EXTRACTED INFORMATION section start
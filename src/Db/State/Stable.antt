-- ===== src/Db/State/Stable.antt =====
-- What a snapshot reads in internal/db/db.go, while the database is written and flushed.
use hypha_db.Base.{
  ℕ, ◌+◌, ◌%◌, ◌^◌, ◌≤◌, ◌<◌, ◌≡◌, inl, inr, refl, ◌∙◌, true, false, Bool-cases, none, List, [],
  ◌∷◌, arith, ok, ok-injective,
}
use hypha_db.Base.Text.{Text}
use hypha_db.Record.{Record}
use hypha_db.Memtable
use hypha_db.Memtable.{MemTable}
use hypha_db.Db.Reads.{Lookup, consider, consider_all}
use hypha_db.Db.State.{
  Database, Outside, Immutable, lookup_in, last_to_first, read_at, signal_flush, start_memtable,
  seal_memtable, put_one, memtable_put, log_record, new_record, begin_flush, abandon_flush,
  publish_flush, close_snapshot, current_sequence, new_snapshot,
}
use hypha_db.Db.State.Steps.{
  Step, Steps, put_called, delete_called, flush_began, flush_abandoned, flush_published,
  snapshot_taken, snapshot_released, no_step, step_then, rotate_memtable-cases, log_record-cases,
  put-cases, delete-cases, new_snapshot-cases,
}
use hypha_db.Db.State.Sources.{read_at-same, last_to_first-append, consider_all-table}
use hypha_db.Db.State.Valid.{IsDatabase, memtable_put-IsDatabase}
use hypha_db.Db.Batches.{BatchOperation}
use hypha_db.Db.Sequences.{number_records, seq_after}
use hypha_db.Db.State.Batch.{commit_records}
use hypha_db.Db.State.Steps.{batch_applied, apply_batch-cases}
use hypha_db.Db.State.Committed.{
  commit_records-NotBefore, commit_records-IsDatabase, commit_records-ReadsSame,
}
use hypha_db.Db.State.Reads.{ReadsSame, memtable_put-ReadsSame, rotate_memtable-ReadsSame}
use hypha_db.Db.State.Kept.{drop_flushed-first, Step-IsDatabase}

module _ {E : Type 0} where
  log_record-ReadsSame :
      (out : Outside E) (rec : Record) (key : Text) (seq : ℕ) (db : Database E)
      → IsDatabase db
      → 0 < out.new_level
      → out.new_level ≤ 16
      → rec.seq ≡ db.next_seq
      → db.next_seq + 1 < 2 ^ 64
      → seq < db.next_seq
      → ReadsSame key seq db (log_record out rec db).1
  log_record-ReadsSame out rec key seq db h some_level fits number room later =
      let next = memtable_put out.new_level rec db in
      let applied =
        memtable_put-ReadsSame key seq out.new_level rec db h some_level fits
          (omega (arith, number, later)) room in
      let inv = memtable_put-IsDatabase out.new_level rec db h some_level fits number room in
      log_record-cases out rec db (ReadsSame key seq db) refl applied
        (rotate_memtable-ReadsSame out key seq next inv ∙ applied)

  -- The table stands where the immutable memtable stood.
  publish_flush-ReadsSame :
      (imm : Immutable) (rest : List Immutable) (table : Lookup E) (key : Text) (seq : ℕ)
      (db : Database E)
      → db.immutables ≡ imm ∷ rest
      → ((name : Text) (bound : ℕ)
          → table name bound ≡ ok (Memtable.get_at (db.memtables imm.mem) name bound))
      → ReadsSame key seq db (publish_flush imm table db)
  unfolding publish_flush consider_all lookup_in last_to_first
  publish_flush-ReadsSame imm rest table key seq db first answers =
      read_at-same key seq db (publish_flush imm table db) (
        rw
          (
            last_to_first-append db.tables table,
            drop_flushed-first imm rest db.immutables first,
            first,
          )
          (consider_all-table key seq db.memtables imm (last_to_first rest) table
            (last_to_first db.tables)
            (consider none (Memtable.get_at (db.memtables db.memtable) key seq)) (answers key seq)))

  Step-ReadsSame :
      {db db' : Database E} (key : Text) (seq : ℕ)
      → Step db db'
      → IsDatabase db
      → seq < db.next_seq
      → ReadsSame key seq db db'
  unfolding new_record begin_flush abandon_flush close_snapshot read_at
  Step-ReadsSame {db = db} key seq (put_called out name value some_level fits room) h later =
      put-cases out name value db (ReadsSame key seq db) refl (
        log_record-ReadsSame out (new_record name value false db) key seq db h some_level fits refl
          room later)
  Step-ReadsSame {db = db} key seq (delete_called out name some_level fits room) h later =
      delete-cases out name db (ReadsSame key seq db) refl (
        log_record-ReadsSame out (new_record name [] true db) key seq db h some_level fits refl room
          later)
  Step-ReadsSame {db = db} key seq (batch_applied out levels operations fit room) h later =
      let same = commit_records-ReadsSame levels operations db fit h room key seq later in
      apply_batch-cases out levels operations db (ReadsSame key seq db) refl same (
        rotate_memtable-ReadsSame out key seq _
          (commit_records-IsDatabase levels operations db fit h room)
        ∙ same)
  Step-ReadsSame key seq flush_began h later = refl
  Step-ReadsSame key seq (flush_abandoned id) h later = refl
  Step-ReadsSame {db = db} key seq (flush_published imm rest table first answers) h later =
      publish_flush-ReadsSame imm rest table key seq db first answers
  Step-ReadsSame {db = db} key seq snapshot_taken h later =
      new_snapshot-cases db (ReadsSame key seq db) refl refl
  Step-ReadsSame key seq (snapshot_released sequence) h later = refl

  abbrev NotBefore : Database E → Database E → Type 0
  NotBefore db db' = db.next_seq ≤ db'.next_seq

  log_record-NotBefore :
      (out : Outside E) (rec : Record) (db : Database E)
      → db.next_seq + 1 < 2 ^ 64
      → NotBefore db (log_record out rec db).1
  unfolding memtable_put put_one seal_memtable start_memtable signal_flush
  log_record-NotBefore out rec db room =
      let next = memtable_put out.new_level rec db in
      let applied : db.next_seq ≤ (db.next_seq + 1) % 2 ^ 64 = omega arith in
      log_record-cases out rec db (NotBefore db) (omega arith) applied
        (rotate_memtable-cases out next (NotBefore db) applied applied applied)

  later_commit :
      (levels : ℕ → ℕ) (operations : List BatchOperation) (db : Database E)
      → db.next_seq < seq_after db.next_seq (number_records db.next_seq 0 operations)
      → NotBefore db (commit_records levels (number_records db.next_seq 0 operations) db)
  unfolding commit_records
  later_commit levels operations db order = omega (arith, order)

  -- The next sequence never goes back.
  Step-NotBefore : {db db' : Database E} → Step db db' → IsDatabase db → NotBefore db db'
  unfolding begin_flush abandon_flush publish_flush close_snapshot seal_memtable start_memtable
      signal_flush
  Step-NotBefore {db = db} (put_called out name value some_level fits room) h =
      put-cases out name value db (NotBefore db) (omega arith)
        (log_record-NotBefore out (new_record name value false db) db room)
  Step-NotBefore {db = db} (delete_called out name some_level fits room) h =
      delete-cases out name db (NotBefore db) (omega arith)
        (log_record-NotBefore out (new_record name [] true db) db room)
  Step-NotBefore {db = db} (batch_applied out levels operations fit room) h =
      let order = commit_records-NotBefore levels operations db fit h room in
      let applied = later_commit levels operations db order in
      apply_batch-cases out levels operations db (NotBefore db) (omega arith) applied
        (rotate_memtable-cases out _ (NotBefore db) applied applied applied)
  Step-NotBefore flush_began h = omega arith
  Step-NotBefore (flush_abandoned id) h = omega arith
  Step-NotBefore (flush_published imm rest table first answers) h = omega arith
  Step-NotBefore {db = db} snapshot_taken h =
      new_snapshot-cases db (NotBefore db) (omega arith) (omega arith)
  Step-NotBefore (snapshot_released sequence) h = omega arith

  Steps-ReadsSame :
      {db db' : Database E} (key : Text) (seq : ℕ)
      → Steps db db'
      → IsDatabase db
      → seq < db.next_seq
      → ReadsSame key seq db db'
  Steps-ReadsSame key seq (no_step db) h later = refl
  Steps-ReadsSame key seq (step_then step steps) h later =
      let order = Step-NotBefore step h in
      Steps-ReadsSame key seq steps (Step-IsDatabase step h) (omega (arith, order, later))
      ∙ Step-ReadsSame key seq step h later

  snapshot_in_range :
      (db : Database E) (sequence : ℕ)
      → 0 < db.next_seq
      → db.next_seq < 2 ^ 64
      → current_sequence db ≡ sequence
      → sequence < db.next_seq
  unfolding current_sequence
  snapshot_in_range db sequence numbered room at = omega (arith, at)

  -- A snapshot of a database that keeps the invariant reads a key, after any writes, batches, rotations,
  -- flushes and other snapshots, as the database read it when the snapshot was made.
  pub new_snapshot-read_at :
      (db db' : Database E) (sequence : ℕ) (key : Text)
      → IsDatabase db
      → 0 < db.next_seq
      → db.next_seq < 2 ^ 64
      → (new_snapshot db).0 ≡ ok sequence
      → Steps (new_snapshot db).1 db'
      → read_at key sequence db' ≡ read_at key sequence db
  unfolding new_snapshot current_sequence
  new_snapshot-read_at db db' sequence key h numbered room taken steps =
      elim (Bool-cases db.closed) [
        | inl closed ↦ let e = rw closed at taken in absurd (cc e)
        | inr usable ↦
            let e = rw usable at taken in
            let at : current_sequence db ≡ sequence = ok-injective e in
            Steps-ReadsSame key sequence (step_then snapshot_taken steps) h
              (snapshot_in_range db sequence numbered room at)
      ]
EXTRACTED INFORMATION section end
AIM OF THE TASK>
Within the material, find all lines that hold the word "value" and show them.

TASK RESPONSE>
  Step-ReadsSame {db = db} key seq (put_called out name value some_level fits room) h later =
      put-cases out name value db (ReadsSame key seq db) refl (
        log_record-ReadsSame out (new_record name value false db) key seq db h some_level fits refl
  Step-NotBefore {db = db} (put_called out name value some_level fits room) h =
      put-cases out name value db (NotBefore db) (omega arith)
        (log_record-NotBefore out (new_record name value false db) db room)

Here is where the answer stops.